:: Work to complete ::
Repeat only the lines running from the beginning of the material through the line that contains "expires_at secret) now".

:: Material supplied ::
+++++

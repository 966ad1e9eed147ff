-- ===== src/Auth/Jwt.antt =====
-- JwtService of services/jwt/JwtService.cpp over the library jwt-cpp, and mapJwtError of
-- middlewares/AuthenticationMiddleware.h.
pub mod RoundTrip
use adequate_api_cpp.Base.{
  ℕ, ◌+◌, ◌<◌, ◌≡◌, Bool, true, false, List, [], ◌∷◌, Option, none, some, Str, str, Result, ok,
  throw, Exception, jwt_exception, JwtError, invalid_signature, token_expired, invalid_claim,
  decode_error, unknown_jwt,
}
use adequate_api_cpp.Base.Decimal.{ℤ, to_string_ℤ, stoi}

-- What the library calls of `decode` end with: the claim "sub", or an exception of a class that
-- `decode` tells apart, with its what().
pub data Claim : Type 0 where
  subject : Str → Claim
  signature_verification token_verification claim_not_present other_std : Str → Claim
  not_std : Claim

abbrev pub issuer : Str
issuer = str "adequate-api"

-- jwt-cpp with HS256: a token from an issuer, a type, a subject, the times of issue and expiry, and
-- a secret; and jwt::decode, verify and get_payload_claim("sub") at a time. Before its expiry a
-- token verifies under its own secret and issuer.
pub record JwtLib : Type 0 where
  pub create : (issuer type sub : Str) (issued_at expires_at : ℕ) (secret : Str) → Str
  pub read_subject : (secret issuer token : Str) (now : ℕ) → Claim
  pub read_subject-create :
      (issuer type sub secret : Str) (issued_at expires_at now : ℕ)
      → now < expires_at
      → read_subject secret issuer (create issuer type sub issued_at expires_at secret) now
        ≡ subject sub

abbrev of_stoi : Option ℤ → Result ℤ
of_stoi (some id) = ok id
of_stoi none = throw (jwt_exception decode_error (str "stoi"))

abbrev pub of_claim : Claim → Result ℤ
of_claim (subject sub) = of_stoi (stoi sub)
of_claim (signature_verification msg) = throw (jwt_exception invalid_signature msg)
of_claim (token_verification msg) = throw (jwt_exception token_expired msg)
of_claim (claim_not_present msg) = throw (jwt_exception invalid_claim msg)
of_claim (other_std msg) = throw (jwt_exception decode_error msg)
of_claim not_std = throw (jwt_exception unknown_jwt (str "Unknown JWT error"))

module _ (L : JwtLib) (secret_key : Str) where
  -- Times are seconds; the expiry is an hour after the issue.
  unfoldable pub encode : (id : ℤ) (now : ℕ) → Str
  encode id now = L.create issuer (str "JWS") (to_string_ℤ id) now (now + 3600) secret_key

  -- The id of the user that `decode` returns.
  unfoldable pub decode : (token : Str) (now : ℕ) → Result ℤ
  decode token now = of_claim (L.read_subject secret_key issuer token now)

unfoldable pub map_jwt_error : JwtError → Str
map_jwt_error token_expired = str "Token expired"
map_jwt_error invalid_signature = str "Invalid signature"
map_jwt_error invalid_claim = str "Invalid claim"
map_jwt_error _ = str "Your token is shit"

+++++

:: Answer section ::
repository 966ad1e9eed147ff
-- ===== src/Auth/Jwt.antt =====
-- JwtService of services/jwt/JwtService.cpp over the library jwt-cpp, and mapJwtError of
-- middlewares/AuthenticationMiddleware.h.
pub mod RoundTrip
use adequate_api_cpp.Base.{
  ℕ, ◌+◌, ◌<◌, ◌≡◌, Bool, true, false, List, [], ◌∷◌, Option, none, some, Str, str, Result, ok,
  throw, Exception, jwt_exception, JwtError, invalid_signature, token_expired, invalid_claim,
  decode_error, unknown_jwt,
}
use adequate_api_cpp.Base.Decimal.{ℤ, to_string_ℤ, stoi}

-- What the library calls of `decode` end with: the claim "sub", or an exception of a class that
-- `decode` tells apart, with its what().
pub data Claim : Type 0 where
  subject : Str → Claim
  signature_verification token_verification claim_not_present other_std : Str → Claim
  not_std : Claim

abbrev pub issuer : Str
issuer = str "adequate-api"

-- jwt-cpp with HS256: a token from an issuer, a type, a subject, the times of issue and expiry, and
-- a secret; and jwt::decode, verify and get_payload_claim("sub") at a time. Before its expiry a
-- token verifies under its own secret and issuer.
pub record JwtLib : Type 0 where
  pub create : (issuer type sub : Str) (issued_at expires_at : ℕ) (secret : Str) → Str
  pub read_subject : (secret issuer token : Str) (now : ℕ) → Claim
  pub read_subject-create :
      (issuer type sub secret : Str) (issued_at expires_at now : ℕ)
      → now < expires_at
      → read_subject secret issuer (create issuer type sub issued_at expires_at secret) now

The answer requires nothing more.